Neste contexto, multiplicam-se os apelos por mais e melhor financiamento para o desenvolvimento, ao mesmo tempo que se intensifica o debate sobre quais os instrumentos e modalidades mais eficazes para enfrentar os desafios que se nos colocam, e se apela à mobilização dos países para uma ação concertada e mais solidária para atender às necessidades.
O financiamento para o desenvolvimento compreende um conjunto de ações dedicadas a gerir um determinado volume de fundos que os países doadores disponibilizam para dar resposta a necessidades identificadas em países considerados em desenvolvimento, devendo existir um alinhamento dos fluxos e políticas de desenvolvimento com as prioridades económicas, sociais e ambientais desses países.
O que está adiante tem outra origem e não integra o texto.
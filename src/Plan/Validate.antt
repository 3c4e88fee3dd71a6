-- ===== src/Plan/Validate.antt =====
-- internal/plan/validate.go: what an import refuses. A finding carries the names in its message; the
-- line number and the wording are left out.
pub mod Rings
pub mod Found
pub mod Fuel
pub mod Admission
pub mod Import
use mathlib.Core.List.{reverse}
use radioactive_ralph.Prelude.{
  ℕ, zero, suc, ◌+◌, String, Bool, true, false, not, ◌&&◌, ◌||◌, Option, none, some, List, [], ◌∷◌,
  ◌++◌, map, any, all, length, filterb, is_nil, if◌then◌else◌, leb, ltb, ◌==◌, text_eq,
}
use radioactive_ralph.Plan.{
  Group, group, Groups, nil, cons, Step, StepRef, Plan, TaskMetadata, step_id, step_refs,
}
use radioactive_ralph.Plan.Json.{Json}
use radioactive_ralph.Plan.Texts.{trim_space}
use radioactive_ralph.Plan.Parse.{
  Block, heading, list, paragraph, other, Parsed, ParseError, section_end, section_body,
  has_heading, parse,
}

pub data Finding : Type 0 where
  empty_document no_steps out_of_fuel : Finding
  leaf_without_list leading_paragraph mixed_lists : String → Finding
  empty_peer own_peer : String → Finding
  unknown_peer : String → String → Finding
  ring : List String → Finding

-- The id of a task of the plan: `walkPlanSteps`.
abbrev named : Option TaskMetadata → String → String
named none id = id
named (some m) id = if text_eq m.id "" then id else m.id

abbrev pub with_ids : List (StepRef × Step) → List (String × Step)
with_ids [] = []
with_ids ((r, s) ∷ rest) = (named s.metadata (step_id r), s) ∷ with_ids rest

unfoldable mutual
  unfolding step_id

  pub walk_plan_groups : Groups → List ℕ → ℕ → List (String × Step)
  walk_plan_groups nil path i = []
  walk_plan_groups (cons g gs) path i =
      walk_plan_group g (path ++ i ∷ []) ++ walk_plan_groups gs path (suc i)

  pub walk_plan_group : Group → List ℕ → List (String × Step)
  walk_plan_group (group text level parallel steps subs) path =
      with_ids (step_refs path 0 steps) ++ walk_plan_groups subs path 0

-- `walkPlanSteps`, with the calls of its callback collected in order.
unfoldable pub walk_plan_steps : Plan → List (String × Step)
unfolding walk_plan_groups
walk_plan_steps p = walk_plan_groups p [] 0

unfoldable mutual
  pub count_plan_steps : Groups → ℕ
  count_plan_steps nil = 0
  count_plan_steps (cons g gs) = count_group_steps g + count_plan_steps gs

  pub count_group_steps : Group → ℕ
  count_group_steps (group text level parallel steps subs) = length steps + count_plan_steps subs

abbrev pub different_from_of : Step → List String
different_from_of s = elim s.metadata [ none ↦ [] | some m ↦ m.different_from ]

abbrev pub check_peer : List (String × Step) → String → String → List Finding
check_peer known id peer =
    if text_eq peer ""
    then empty_peer id ∷ []
    else (if text_eq peer id
        then own_peer id ∷ []
        else (if any (λ k. text_eq k.0 peer) known then [] else unknown_peer id peer ∷ []))

unfoldable pub check_peers : List (String × Step) → String → List String → List Finding
unfolding trim_space
check_peers known id [] = []
check_peers known id (raw ∷ raws) =
    check_peer known id (trim_space raw) ++ check_peers known id raws

unfoldable pub check_steps : List (String × Step) → List (String × Step) → List Finding
unfolding check_peers
check_steps known [] = []
check_steps known ((id, s) ∷ rest) =
    check_peers known id (different_from_of s) ++ check_steps known rest

-- The map `peers` of `validateDifferentFromAcyclic`, as its entries in the order of the appends.
unfoldable pub peer_entries : String → List String → List (String × String)
unfolding trim_space
peer_entries id [] = []
peer_entries id (raw ∷ raws) =
    let rest = peer_entries id raws in
    let peer = trim_space raw in
    if text_eq peer "" then rest else (if text_eq peer id then rest else (id, peer) ∷ rest)

unfoldable pub all_peers : List (String × Step) → List (String × String)
unfolding peer_entries
all_peers [] = []
all_peers ((id, s) ∷ rest) = peer_entries id (different_from_of s) ++ all_peers rest

-- `peers[id]`
abbrev pub peers_of : List (String × String) → String → List String
peers_of entries id = map (λ e. e.1) (filterb (λ e. text_eq e.0 id) entries)

pub data Mark : Type 0 where
  unvisited on_stack done : Mark

-- The map `state`, newest write first.
abbrev pub Marks : Type 0
Marks = List (String × Mark)

abbrev pub mark_of : Marks → String → Mark
mark_of [] id = unvisited
mark_of ((i, m) ∷ st) id = let rest = mark_of st id in if text_eq i id then m else rest

-- How a visit ends: with a ring, the newest node first, or with the marks so far.
pub data Search : Type 0 where
  ring_found : List String → Search
  spent : Search
  clear : Marks → Search

abbrev pub resume : Search → (Marks → Search) → Search
resume (ring_found c) go_on = ring_found c
resume spent go_on = spent
resume (clear st) go_on = go_on st

-- The loop over the peers of the node on top of `path`.
abbrev pub visit_peers : (String → Marks → Search) → List String → List String → Marks → Search
visit_peers visit_one path [] st = clear st
visit_peers visit_one path (q ∷ qs) st = elim (mark_of st q) [
  | on_stack ↦ ring_found (q ∷ path)
  | unvisited ↦ resume (visit_one q st) (visit_peers visit_one path qs)
  | done ↦ visit_peers visit_one path qs st
]

abbrev pub finish_node : String → Search → Search
finish_node id (ring_found c) = ring_found c
finish_node id spent = spent
finish_node id (clear st) = clear ((id, done) ∷ st)

unfoldable pub visit_peer : ℕ → List (String × String) → List String → String → Marks → Search
visit_peer zero entries path id st = spent
visit_peer (suc fuel) entries path id st = finish_node id (
    visit_peers (visit_peer fuel entries (id ∷ path)) (id ∷ path) (peers_of entries id)
      ((id, on_stack) ∷ st))

-- The loop over the tasks in document order.
unfoldable pub search_rings : ℕ → List (String × String) → List String → Marks → Search
unfolding visit_peer
search_rings fuel entries [] st = clear st
search_rings fuel entries (id ∷ ids) st = elim (mark_of st id) [
  | unvisited ↦ resume (visit_peer fuel entries [] id st) (search_rings fuel entries ids)
  | on_stack ↦ search_rings fuel entries ids st
  | done ↦ search_rings fuel entries ids st
]

-- One more than the tasks and the peers that they name.
abbrev pub ring_fuel : List String → List (String × String) → ℕ
ring_fuel ids entries = suc (length (ids ++ map (λ e. e.1) entries))

abbrev pub ring_findings : Search → List Finding
ring_findings (ring_found c) = ring (reverse c) ∷ []
ring_findings spent = out_of_fuel ∷ []
ring_findings (clear st) = []

abbrev pub ids_of : List (String × Step) → List String
ids_of steps = map (λ s. s.0) steps

unfoldable pub search_all : List (String × Step) → Search
unfolding search_rings all_peers
search_all steps =
    search_rings (ring_fuel (ids_of steps) (all_peers steps)) (all_peers steps) (ids_of steps) []

-- `validateDifferentFromAcyclic`. The path of the message runs from the oldest node to the newest.
unfoldable pub validate_different_from_acyclic : List (String × Step) → List Finding
unfolding search_all
validate_different_from_acyclic steps = ring_findings (search_all steps)

-- `validateDifferentFrom`
unfoldable pub validate_different_from : Plan → List Finding
unfolding walk_plan_steps check_steps validate_different_from_acyclic
validate_different_from p =
    let steps = walk_plan_steps p in
    check_steps steps steps ++ validate_different_from_acyclic steps

-- The lists of a leaf section, whether each is ordered.
abbrev list_orders : List Block → List Bool
list_orders [] = []
list_orders (list ordered items ∷ bs) = ordered ∷ list_orders bs
list_orders (heading l t ∷ bs) = list_orders bs
list_orders (paragraph t ∷ bs) = list_orders bs
list_orders (other ∷ bs) = list_orders bs

-- A paragraph with text before the first list.
abbrev leads : List Block → Bool
leads [] = false
leads (list ordered items ∷ bs) = false
leads (paragraph t ∷ bs) = not (text_eq t "") || leads bs
leads (heading l t ∷ bs) = leads bs
leads (other ∷ bs) = leads bs

-- `validateLeafSection`
unfoldable pub validate_leaf_section : String → List Block → List Finding
validate_leaf_section text bs =
    let orders = list_orders bs in
    if is_nil orders
    then leaf_without_list text ∷ []
    else (if leads bs then leading_paragraph text ∷ [] else [])
      ++ (if any (λ o. o) orders && any not orders then mixed_lists text ∷ [] else [])

-- `validateSiblingHeadings`, on the same fuel as the parse.
unfoldable pub validate_siblings : ℕ → ℕ → List Block → List Finding
unfolding validate_leaf_section trim_space
validate_siblings fuel parent [] = []
validate_siblings fuel parent (list o is ∷ bs) = validate_siblings fuel parent bs
validate_siblings fuel parent (paragraph t ∷ bs) = validate_siblings fuel parent bs
validate_siblings fuel parent (other ∷ bs) = validate_siblings fuel parent bs
validate_siblings zero parent (heading level t ∷ bs) = out_of_fuel ∷ []
validate_siblings (suc fuel) parent (heading level t ∷ bs) =
    let inner = validate_siblings fuel level bs in
    let later = validate_siblings fuel parent (section_end level bs) in
    let leaf = validate_leaf_section (trim_space t) (section_body level bs) in
    let both = (if has_heading (section_body level bs) then inner else leaf) ++ later in
    if leb level parent then [] else both

-- `Validate`
unfoldable pub validate : List Block → List Finding
unfolding validate_siblings
validate bs = validate_siblings (length bs) 0 bs

pub data ImportError : Type 0 where
  findings : List Finding → ImportError
  bad_plan : ParseError → ImportError

abbrev pub after_parse : Parsed Plan → Option ImportError
after_parse (Parsed.err e) = some (bad_plan e)
after_parse (Parsed.ok p) =
    if count_plan_steps p == 0
    then some (findings (no_steps ∷ []))
    else (if is_nil (validate_different_from p)
        then none
        else some (findings (validate_different_from p)))

-- `ValidateForImport`, of a text and the blocks that the Markdown library finds in it: `none` lets the
-- plan in.
unfoldable pub validate_for_import :
    (String → Option (List Json)) → String → List Block → Option ImportError
unfolding validate parse count_plan_steps validate_different_from trim_space
validate_for_import read md bs =
    if text_eq (trim_space md) ""
    then some (findings (empty_document ∷ []))
    else (if is_nil (validate bs)
        then after_parse (parse read bs)
        else some (findings (validate bs)))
Trata-se, por isso, da canalização de dinheiro através de mecanismos especificamente dedicados a produzir impacto em termos de desenvolvimento - sejam eles subvenções ou apoios diretos aos orçamentos de estado de países parceiros, empréstimos concessionais que ofereçam condições diferentes das encontradas no mercado, ou ainda instrumentos que tenham como objetivo atrair investimento de atores privados.
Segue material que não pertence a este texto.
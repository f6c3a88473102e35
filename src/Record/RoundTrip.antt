-- ===== src/Record/RoundTrip.antt =====
-- What `put_record` appends, and that `be_record` reads the record back from it in the message.
use ddns.Prelude.{◌∙◌, ℕ, ◌+◌, ◌<◌, ◌≤◌, ◌^◌, ◌≡◌, subst, arith, false}
use ddns.Prelude.{List, ◌++◌, append_assoc, length, length-append, Option, some, ltb}
use ddns.Bytes.{ByteIo, IsByteIo, ok, be_bytes, length-be_bytes, read_be-be_bytes, read_take-append}
use ddns.Bytes.Standard.{standard, of_standard}
use ddns.Name.{NameCompression, be_name}
use ddns.Name.Text.{IsName}
use ddns.Name.Table.{IsTable, IsTable-append}
use ddns.Name.Pure.{name_bytes, put_name-bytes, NameReads, name_bytes-NameReads}
use ddns.Record.Defs.{ResourceRecord, be_known, be_record, put_sized, put_record}
use ddns.Record.Words.{type_word, class_of, type_back, class_back, record_of-words}
use ddns.Record.Sized.{put_sized-bytes}
use ddns.Record.Data.{IsRData, rdata_bytes}
use ddns.Record.DataReads.{RDataReads, rdata_bytes-RDataReads}

-- A record whose name can be written and whose data are of its type and fit.
pub record IsRecord (try_sequence : ℕ → Option ℕ) (r : ResourceRecord) : Type 0 where
  pub named : IsName r.name
  pub ttl_fits : r.ttl < 2 ^ 32
  pub rdata_fits : IsRData try_sequence r.typ r.rdata

-- The bytes of a record behind `n` bytes, and the new table.
unfoldable pub record_bytes : ℕ → ResourceRecord → NameCompression → List ℕ × NameCompression
record_bytes n r ctx =
    let (name, ctx) = name_bytes n r.name ctx in
    let (rdata, ctx) = rdata_bytes (n + length name + 8 + 2) r.rdata ctx in
    (
      name
          ++ (be_bytes 2 (type_word r)
              ++ (be_bytes 2 (class_of r)
                  ++ (be_bytes 4 r.ttl ++ (be_bytes 2 (length rdata) ++ rdata)))),
      ctx,
    )

-- The buffer up to the length of RDATA.
abbrev until_rdata : List ℕ → List ℕ → ResourceRecord → List ℕ
until_rdata buf name r =
    buf ++ name ++ be_bytes 2 (type_word r) ++ be_bytes 2 (class_of r) ++ be_bytes 4 r.ttl

until_rdata_size :
    (buf name : List ℕ) (r : ResourceRecord)
    → length (until_rdata buf name r) ≡ length buf + length name + 8
until_rdata_size buf name r = omega (
  arith,
  length-append (buf ++ name ++ be_bytes 2 (type_word r) ++ be_bytes 2 (class_of r))
      (be_bytes 4 r.ttl),
  length-append (buf ++ name ++ be_bytes 2 (type_word r)) (be_bytes 2 (class_of r)),
  length-append (buf ++ name) (be_bytes 2 (type_word r)),
  length-append buf name,
  length-be_bytes 2 (type_word r),
  length-be_bytes 2 (class_of r),
  length-be_bytes 4 r.ttl,
)

module _ {try_sequence : ℕ → Option ℕ} (buf : List ℕ) (r : ResourceRecord) (ctx : NameCompression)
    (valid : IsRecord try_sequence r) (table : IsTable buf ctx) where
  name_part : List ℕ × NameCompression
  name_part = name_bytes (length buf) r.name ctx

  rdata_part : List ℕ × NameCompression
  unfolding name_part
  rdata_part = rdata_bytes (length buf + length name_part.0 + 8 + 2) r.rdata name_part.1

  named : NameReads buf r.name name_part.0 name_part.1
  unfolding name_part
  named = name_bytes-NameReads buf r.name ctx valid.named table

  -- The data behind everything that is written before them, whatever their length is patched to.
  data_reads :
      (v : ℕ)
      → RDataReads try_sequence
          (until_rdata buf name_part.0 r ++ be_bytes 2 v)
          r.typ
          r.rdata
          rdata_part
  unfolding rdata_part
  data_reads v =
      let start = until_rdata buf name_part.0 r ++ be_bytes 2 v in
      let true_of : IsTable start name_part.1 = IsTable-append name_part.1 (be_bytes 2 v) (
        IsTable-append name_part.1 (be_bytes 4 r.ttl) (
          IsTable-append name_part.1 (be_bytes 2 (class_of r))
            (IsTable-append name_part.1 (be_bytes 2 (type_word r)) named.true_table))) in
      let size : length start ≡ length buf + length name_part.0 + 8 + 2 = omega (
        arith,
        length-append (until_rdata buf name_part.0 r) (be_bytes 2 v),
        until_rdata_size buf name_part.0 r,
        length-be_bytes 2 v,
      ) in
      subst (λ k. RDataReads try_sequence start r.typ r.rdata (rdata_bytes k r.rdata name_part.1))
        size (rdata_bytes-RDataReads start name_part.1 true_of r.typ r.rdata valid.rdata_fits)

  sized :
      put_sized standard (until_rdata buf name_part.0 r) r.rdata name_part.1
      ≡ some (
        until_rdata buf name_part.0 r ++ (be_bytes 2 (length rdata_part.0) ++ rdata_part.0),
        rdata_part.1,
      )
  unfolding rdata_part
  sized =
      let size = until_rdata_size buf name_part.0 r in
      let short : length
            (rdata_bytes (length (until_rdata buf name_part.0 r) + 2) r.rdata name_part.1).0
          < 2 ^ 16 =
        rw size (data_reads 0).short in
      put_sized-bytes (until_rdata buf name_part.0 r) r.typ r.rdata name_part.1 valid.rdata_fits
        short
      ∙ rw size

  pub put_record-bytes :
      put_record standard buf r ctx
      ≡ (let (bytes, table) = record_bytes (length buf) r ctx in some (buf ++ bytes, table))
  unfolding record_bytes put_record name_part rdata_part
  put_record-bytes = rw (put_record, put_name-bytes buf r.name ctx) (sized ∙ simp append_assoc)

  known_reads :
      (after more : List ℕ)
      → (let rdata = rdata_part.0 in
          let origin =
            until_rdata buf name_part.0 r ++ be_bytes 2 (length rdata) ++ (rdata ++ more) in
          be_known standard try_sequence
            (rdata ++ after)
            origin
            r.name
            r.typ
            (class_of r)
            r.ttl
            (length rdata)
          ≡ ok (after, r))
  unfolding be_known
  known_reads after more =
      let rdata = rdata_part.0 in
      let enough : ltb (length (rdata ++ after)) (length rdata) ≡ false =
        ground (arith, length-append rdata after) in
      rw (
        be_known,
        enough,
        read_take-append rdata after,
        (data_reads (length rdata)).reads more,
        record_of-words r after (length rdata),
      )

  -- The parser in any message in which the name and the data are read.
  record_reads :
      (after origin : List ℕ)
      → ((rest : List ℕ) → be_name standard (name_part.0 ++ rest) origin ≡ ok (rest, r.name))
      → be_known standard try_sequence
          (rdata_part.0 ++ after)
          origin
          r.name
          r.typ
          (class_of r)
          r.ttl
          (length rdata_part.0)
        ≡ ok (after, r)
      → be_record standard try_sequence ((record_bytes (length buf) r ctx).0 ++ after) origin
        ≡ ok (after, r)
  unfolding record_bytes be_record rdata_part name_part
  record_reads after origin name_reads known =
      let (_, _, class_fits) = class_back r.multicast_unique r.cls in
      simp append_assoc (
        rw
          (
            name_reads _,
            read_be-be_bytes 2 (type_word r) _ (type_back r.typ).1,
            read_be-be_bytes 2 (class_of r) _ class_fits,
            read_be-be_bytes 4 r.ttl _ valid.ttl_fits,
            read_be-be_bytes 2 (length rdata_part.0) _ (data_reads 0).short,
            (type_back r.typ).0,
          )
          known)

  pub be_record-bytes :
      (after more : List ℕ)
      → (let (bytes, table) = record_bytes (length buf) r ctx in
          be_record standard try_sequence (bytes ++ after) (buf ++ (bytes ++ more)) ≡ ok (after, r))
  unfolding record_bytes rdata_part name_part
  be_record-bytes after more =
      record_reads after _ (λ rest. simp append_assoc (named.reads rest _))
        (let known = known_reads after more in simp append_assoc (simp append_assoc at known))

  pub record_bytes-IsTable :
      (let (bytes, table) = record_bytes (length buf) r ctx in IsTable (buf ++ bytes) table)
  unfolding record_bytes rdata_part name_part
  record_bytes-IsTable =
      let true_of = (data_reads (length rdata_part.0)).true_table in simp append_assoc at true_of

  pub record_bytes_size : 11 ≤ length (record_bytes (length buf) r ctx).0
  unfolding record_bytes name_part rdata_part
  record_bytes_size =
      let rdata = rdata_part.0 in
      let sized = be_bytes 2 (length rdata) ++ rdata in
      omega (
        arith,
        length-append name_part.0
            (be_bytes 2 (type_word r) ++ (be_bytes 2 (class_of r) ++ (be_bytes 4 r.ttl ++ sized))),
        length-append (be_bytes 2 (type_word r))
            (be_bytes 2 (class_of r) ++ (be_bytes 4 r.ttl ++ sized)),
        length-append (be_bytes 2 (class_of r)) (be_bytes 4 r.ttl ++ sized),
        length-append (be_bytes 4 r.ttl) sized,
        length-append (be_bytes 2 (length rdata)) rdata,
        length-be_bytes 2 (type_word r),
        length-be_bytes 2 (class_of r),
        length-be_bytes 4 r.ttl,
        length-be_bytes 2 (length rdata),
        named.some_bytes,
      )

abbrev Statement : (ℕ → Option ℕ) → List ℕ → ResourceRecord → NameCompression → ByteIo → Type 0
Statement try_sequence buf r ctx io =
    (bytes : List ℕ) × (table : NameCompression) × (put_record io buf r ctx
      ≡ some (buf ++ bytes, table))
    × IsTable (buf ++ bytes) table
    × ((after more : List ℕ)
        → be_record io try_sequence (bytes ++ after) (buf ++ (bytes ++ more)) ≡ ok (after, r))

-- Through every byte interface that keeps its laws: where the compression table is true of the buffer,
-- `put_record` appends bytes for a record and leaves a table that is true of the new buffer; and in the
-- message that the buffer has become, whatever follows, `be_record` reads the record back from those
-- bytes and leaves what follows. The name can be written, the numbers fit their types, and the data are
-- of the record's type and fit the 16 bits of their length. In E records
-- the flow info and the scope of IPv6 addresses are 0.
pub be_record-put_record :
    (io : ByteIo)
    → IsByteIo io
    → (try_sequence : ℕ → Option ℕ) (buf : List ℕ) (r : ResourceRecord) (ctx : NameCompression)
    → IsRecord try_sequence r
    → IsTable buf ctx
    → (bytes : List ℕ) × (table : NameCompression) × (put_record io buf r ctx
        ≡ some (buf ++ bytes, table))
      × IsTable (buf ++ bytes) table
      × ((after more : List ℕ)
          → be_record io try_sequence (bytes ++ after) (buf ++ (bytes ++ more)) ≡ ok (after, r))
be_record-put_record io laws try_sequence buf r ctx valid table =
    of_standard (Statement try_sequence buf r ctx) laws (
      (record_bytes (length buf) r ctx).0,
      (record_bytes (length buf) r ctx).1,
      put_record-bytes buf r ctx valid table,
      record_bytes-IsTable buf r ctx valid table,
      be_record-bytes buf r ctx valid table,
    )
A discussão em torno do financiamento para o desenvolvimento remonta ao final dos anos noventa, por altura da aprovação da Agenda para o Desenvolvimento pela Assembleia-Geral das Nações Unidas, na sequência da qual foi realizada a primeira Conferência Internacional sobre financiamento para o desenvolvimento, em 2002, em Monterey, México. Daqui saiu o Consenso de Monterey, que afirma a importância do financiamento para o desenvolvimento para a erradicação da pobreza e a promoção do desenvolvimento sustentável. Uns anos mais tarde, em 2015, a Conferência sobre Financiamento para o Desenvolvimento de Addis Abeba adotou a Agenda de Ação batizada com o nome da mesma cidade sob o mote “A global framework for financing development post-2015". Nesta conferência, os Chefes de Estado e do Governo dos vários países presentes reafirmaram a sua vontade em erradicar a pobreza e a fome e alcançar o desenvolvimento sustentável nas suas três dimensões por meio da promoção do crescimento económico inclusivo, proteção do meio ambiente e da promoção da inclusão social.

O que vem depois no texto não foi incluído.